(Stored items)
*** Block opens ***
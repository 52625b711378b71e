-- ===== src/Net/Udp/Merged.antt =====
-- Datagrams go through the tunnel as bytes without boundaries (net/udp.rs).
use lantun.Forward.Loop.{reading-IsLoop, reading, Loop}
use lantun.Net.Udp.Datagrams.{peeked, buffered_bounds, client_datagrams, buffered, Datagram}
use mathlib.Core.List.{append-nil}
use mathlib.Core.Option
use lantun.Forward.Delivery.{Run-sent, from_socket, from_tunnel}
use lantun.Net.Udp.{
  overlay_self, udp-IsLoop, client_writer, host_writer, client_reader, host_reader,
}
use lantun.Forward.{tunnel_forwarder_buffer_size, received}
use lantun.Forward.Session.{
  wake_socket, arm_socket, wake_tunnel, arm_tunnel, start, Turn, Run, Session,
}
use lantun.Base.{
  length-append, ◌≤◌, length, refl, ap, ◌∙◌, arith, concat, ◌≡◌, ◌++◌, true, some, [], Option, ◌∷◌,
  List, Bytes, ℕ,
}
use lantun.Addr.{SocketAddr}

-- The host reads the stream once, into its buffer.
abbrev pub stream_reader : Loop (Option Bytes)
stream_reader = reading (Option.map buffered) host_reader

abbrev pub one_read : Bytes → List (Turn (Option Bytes) Bytes)
one_read s = arm_tunnel 0 ∷ wake_tunnel 0 (received (some s) true) ∷ []

one_read-sent :
    (a : ℕ) (s : Bytes)
    → length (a ∷ s) ≤ tunnel_forwarder_buffer_size
    → from_tunnel stream_reader host_writer (one_read (a ∷ s)) ≡ (a ∷ s) ∷ []
unfolding from_tunnel
one_read-sent a s fits = ground (arith, (buffered_bounds (a ∷ s)).1 fits)

module _ (client_local_addr : SocketAddr) where
  -- The application sends two datagrams, one after the other.
  abbrev pub two_datagrams : Bytes → Bytes → List (Turn (Option Bytes) Datagram)
  two_datagrams d e =
      arm_socket 0
      ∷ wake_socket 0 (received (record { from = client_local_addr; content = d }) true)
      ∷ arm_socket 0
      ∷ wake_socket 0 (received (record { from = client_local_addr; content = e }) true)
      ∷ []

  two_datagrams-sent :
      (a b : ℕ) (d e : Bytes)
      → length (a ∷ d) ≤ tunnel_forwarder_buffer_size
      → length (b ∷ e) ≤ tunnel_forwarder_buffer_size
      → from_socket client_reader
          (client_datagrams client_local_addr)
          (two_datagrams (a ∷ d) (b ∷ e))
        ≡ (a ∷ d) ∷ (b ∷ e) ∷ []
  unfolding from_socket
  two_datagrams-sent a b d e fits fits' = ground (
    arith,
    (buffered_bounds (a ∷ d)).1 fits,
    (buffered_bounds (b ∷ e)).1 fits',
    overlay_self (a ∷ d),
    overlay_self (b ∷ e),
  )

  -- If an application sends two datagrams that are not empty to the client, together of at most
  -- 1024 bytes, the size of the buffers, and the host reads their bytes from the stream at once,
  -- then the client has written the two one after the other, and the service is sent one datagram
  -- of the bytes of both.
  pub Runs-merge :
      (a b : ℕ) (d e : Bytes) {u u' : Session}
      → length ((a ∷ d) ++ (b ∷ e)) ≤ tunnel_forwarder_buffer_size
      → Run client_reader
          (client_datagrams client_local_addr)
          (start 0)
          (two_datagrams (a ∷ d) (b ∷ e))
          u
      → Run stream_reader host_writer (start 0) (one_read ((a ∷ d) ++ (b ∷ e))) u'
      → (u.socket.sent ≡ (a ∷ d) ∷ (b ∷ e) ∷ [])
        × (concat u.socket.sent ≡ concat u'.tunnel.sent)
        × (u'.tunnel.sent ≡ ((a ∷ d) ++ (b ∷ e)) ∷ [])
  unfolding start
  Runs-merge a b d e fits r r' =
      let (host_reads, host_writes, client_reads, client_writes) = udp-IsLoop client_local_addr in
      let n = length-append (a ∷ d) (b ∷ e) in
      let two =
        (Run-sent client_reader (client_datagrams client_local_addr) client_reads
          (reading-IsLoop peeked (client_writer client_local_addr) client_writes) r).1
        ∙ two_datagrams-sent a b d e (omega (arith, n, fits)) (omega (arith, n, fits)) in
      let one =
        (Run-sent stream_reader host_writer
          (reading-IsLoop (Option.map buffered) host_reader host_reads) host_writes r').0
        ∙ one_read-sent a (d ++ (b ∷ e)) fits in
      (two, ap concat two ∙ rw (one, append-nil, append-nil) refl, one)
*** Block closes ***
Output only the lines from the one that contains "e)) fits in" through the final line of the records, exactly as given.

        ∙ one_read-sent a (d ++ (b ∷ e)) fits in
      (two, ap concat two ∙ rw (one, append-nil, append-nil) refl, one)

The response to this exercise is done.